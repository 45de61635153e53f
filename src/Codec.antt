-- ===== src/Codec.antt =====
-- internal/state/sqlite/version.go: a `uint64` as the eight bytes of a BLOB.
use passwall_node.Prelude.{
  ℕ, ◌+◌, ◌*◌, ◌/◌, ◌%◌, ◌^◌, ◌<◌, ◌≡◌, ◌↔◌, sym, ap, ◌∙◌, List, [], ◌∷◌, All, plain, Version,
  Result, ok, err, ◌>>=◌, arith,
}

-- `encodeUint64`: the most significant byte first
unfoldable pub encode_uint64 : ℕ → List ℕ
encode_uint64 v =
    (v / 2 ^ 56 % 256)
    ∷ (v / 2 ^ 48 % 256)
    ∷ (v / 2 ^ 40 % 256)
    ∷ (v / 2 ^ 32 % 256)
    ∷ (v / 2 ^ 24 % 256)
    ∷ (v / 2 ^ 16 % 256)
    ∷ (v / 2 ^ 8 % 256)
    ∷ (v % 256)
    ∷ []

-- `decodeUint64`
unfoldable pub decode_uint64 : List ℕ → Result ℕ
decode_uint64 (a ∷ b ∷ c ∷ d ∷ e ∷ f ∷ g ∷ h ∷ []) =
    ok (a * 2 ^ 56 + b * 2 ^ 48 + c * 2 ^ 40 + d * 2 ^ 32 + e * 2 ^ 24 + f * 2 ^ 16 + g * 2 ^ 8 + h)
decode_uint64 _ = err plain

-- `decodeVersion`
unfoldable pub decode_version : List ℕ → List ℕ → Result Version
decode_version epoch version = do
  e ← decode_uint64 epoch
  v ← decode_uint64 version
  ok (record { epoch = e; version = v })

decode_uint64-encode_uint64 : (v : ℕ) → v < 2 ^ 64 → decode_uint64 (encode_uint64 v) ≡ ok v
unfolding encode_uint64 decode_uint64
decode_uint64-encode_uint64 v h = ap ok (omega arith)

-- A version of two `uint64` is read back as it was written.
pub decode_version-encode_uint64 :
    (v : Version)
    → v.epoch < 2 ^ 64
    → v.version < 2 ^ 64
    → decode_version (encode_uint64 v.epoch) (encode_uint64 v.version) ≡ ok v
unfolding decode_version
decode_version-encode_uint64 v a b =
    rw (decode_uint64-encode_uint64 v.epoch a, decode_uint64-encode_uint64 v.version b)

-- What decodes is the encoding of what it decodes to, which is a `uint64`.
pub encode_uint64-decode_uint64 :
    (bs : List ℕ) (v : ℕ)
    → All (λ b. b < 256) bs
    → decode_uint64 bs ≡ ok v
    → (encode_uint64 v ≡ bs) × (v < 2 ^ 64)
unfolding encode_uint64 decode_uint64
encode_uint64-decode_uint64 ([]) v bytes done = cc done
encode_uint64-decode_uint64 (a ∷ []) v bytes done = cc done
encode_uint64-decode_uint64 (a ∷ b ∷ []) v bytes done = cc done
encode_uint64-decode_uint64 (a ∷ b ∷ c ∷ []) v bytes done = cc done
encode_uint64-decode_uint64 (a ∷ b ∷ c ∷ d ∷ []) v bytes done = cc done
encode_uint64-decode_uint64 (a ∷ b ∷ c ∷ d ∷ e ∷ []) v bytes done = cc done
encode_uint64-decode_uint64 (a ∷ b ∷ c ∷ d ∷ e ∷ f ∷ []) v bytes done = cc done
encode_uint64-decode_uint64 (a ∷ b ∷ c ∷ d ∷ e ∷ f ∷ g ∷ []) v bytes done = cc done
encode_uint64-decode_uint64 (a ∷ b ∷ c ∷ d ∷ e ∷ f ∷ g ∷ h ∷ []) v bytes done = ground arith
encode_uint64-decode_uint64 (a ∷ b ∷ c ∷ d ∷ e ∷ f ∷ g ∷ h ∷ x ∷ xs) v bytes done = cc done

-- Bytes decode to a `uint64` exactly when they are the eight bytes that it is written as.
pub decode_uint64_iff :
    (bs : List ℕ) (v : ℕ)
    → All (λ b. b < 256) bs
    → v < 2 ^ 64
    → (decode_uint64 bs ≡ ok v) ↔ (bs ≡ encode_uint64 v)
decode_uint64_iff bs v bytes small = (
  λ done. sym (encode_uint64-decode_uint64 bs v bytes done).0,
  λ e. ap decode_uint64 e ∙ decode_uint64-encode_uint64 v small,
)
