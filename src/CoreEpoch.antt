-- ===== src/CoreEpoch.antt =====
-- internal/state/sqlite/core_epoch.go: the counter epoch of the core process (`core_counter_epoch`).
pub mod Identity
use passwall_node.Prelude.{
  ℕ, ◌+◌, ◌%◌, ◌^◌, Bool, ◌||◌, Option, none, some, String, if◌then◌else◌, ltb, ◌==◌, str_eq, codes,
  is_blank, byte_length, max_uint64, plain, Result, ok, err, ◌>>=◌, transact,
}

-- The row of `core_counter_epoch`
pub record CounterEpoch : Type 0 where
  pub process_identity : String
  pub counter_epoch : ℕ

-- The guard of `ClaimCoreCounterEpoch`
unfoldable pub identity_refused : String → Bool
identity_refused identity = is_blank (codes identity) || ltb 512 (byte_length (codes identity))

-- The first epoch, of eight random bytes read as a number; `none` is a failure of the random source.
unfoldable pub first_epoch : Option ℕ → Result ℕ
first_epoch none = err plain
first_epoch (some seed) = ok (seed % 2 ^ 62 + 1)

-- The claim of a process when a row is stored.
unfoldable pub claim_stored : String → CounterEpoch → Result (Option CounterEpoch × ℕ)
claim_stored identity row =
    if row.counter_epoch == 0
    then err plain
    else if str_eq row.process_identity identity
    then ok (some row, row.counter_epoch)
    else if row.counter_epoch == max_uint64
    then err plain
    else ok (
      some (record { process_identity = identity; counter_epoch = row.counter_epoch + 1 }),
      row.counter_epoch + 1,
    )

-- The transaction of `ClaimCoreCounterEpoch`
unfoldable pub claim_row :
    String → Option ℕ → Option CounterEpoch → Result (Option CounterEpoch × ℕ)
claim_row identity seed none = first_epoch seed >>= λ epoch.
    ok (some (record { process_identity = identity; counter_epoch = epoch }), epoch)
claim_row identity seed (some row) = claim_stored identity row

-- `ClaimCoreCounterEpoch`
unfoldable pub claim_core_counter_epoch :
    String → Option ℕ → Option CounterEpoch → Option CounterEpoch × Result ℕ
claim_core_counter_epoch identity seed row =
    if identity_refused identity
    then (row, err plain)
    else transact row (claim_row identity seed row)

Exercise: Your response should hold the lines from the first line of the entries above through the line with "unfoldable pub decode_uint64", each retyped exactly, and nothing else.

Final answer:
repository 45de61635153e53f
filename src/Codec.antt
-- ===== src/Codec.antt =====
-- internal/state/sqlite/version.go: a `uint64` as the eight bytes of a BLOB.
use passwall_node.Prelude.{
  ℕ, ◌+◌, ◌*◌, ◌/◌, ◌%◌, ◌^◌, ◌<◌, ◌≡◌, ◌↔◌, sym, ap, ◌∙◌, List, [], ◌∷◌, All, plain, Version,
  Result, ok, err, ◌>>=◌, arith,
}

-- `encodeUint64`: the most significant byte first
unfoldable pub encode_uint64 : ℕ → List ℕ
encode_uint64 v =
    (v / 2 ^ 56 % 256)
    ∷ (v / 2 ^ 48 % 256)
    ∷ (v / 2 ^ 40 % 256)
    ∷ (v / 2 ^ 32 % 256)
    ∷ (v / 2 ^ 24 % 256)
    ∷ (v / 2 ^ 16 % 256)
    ∷ (v / 2 ^ 8 % 256)
    ∷ (v % 256)
    ∷ []

-- `decodeUint64`
unfoldable pub decode_uint64 : List ℕ → Result ℕ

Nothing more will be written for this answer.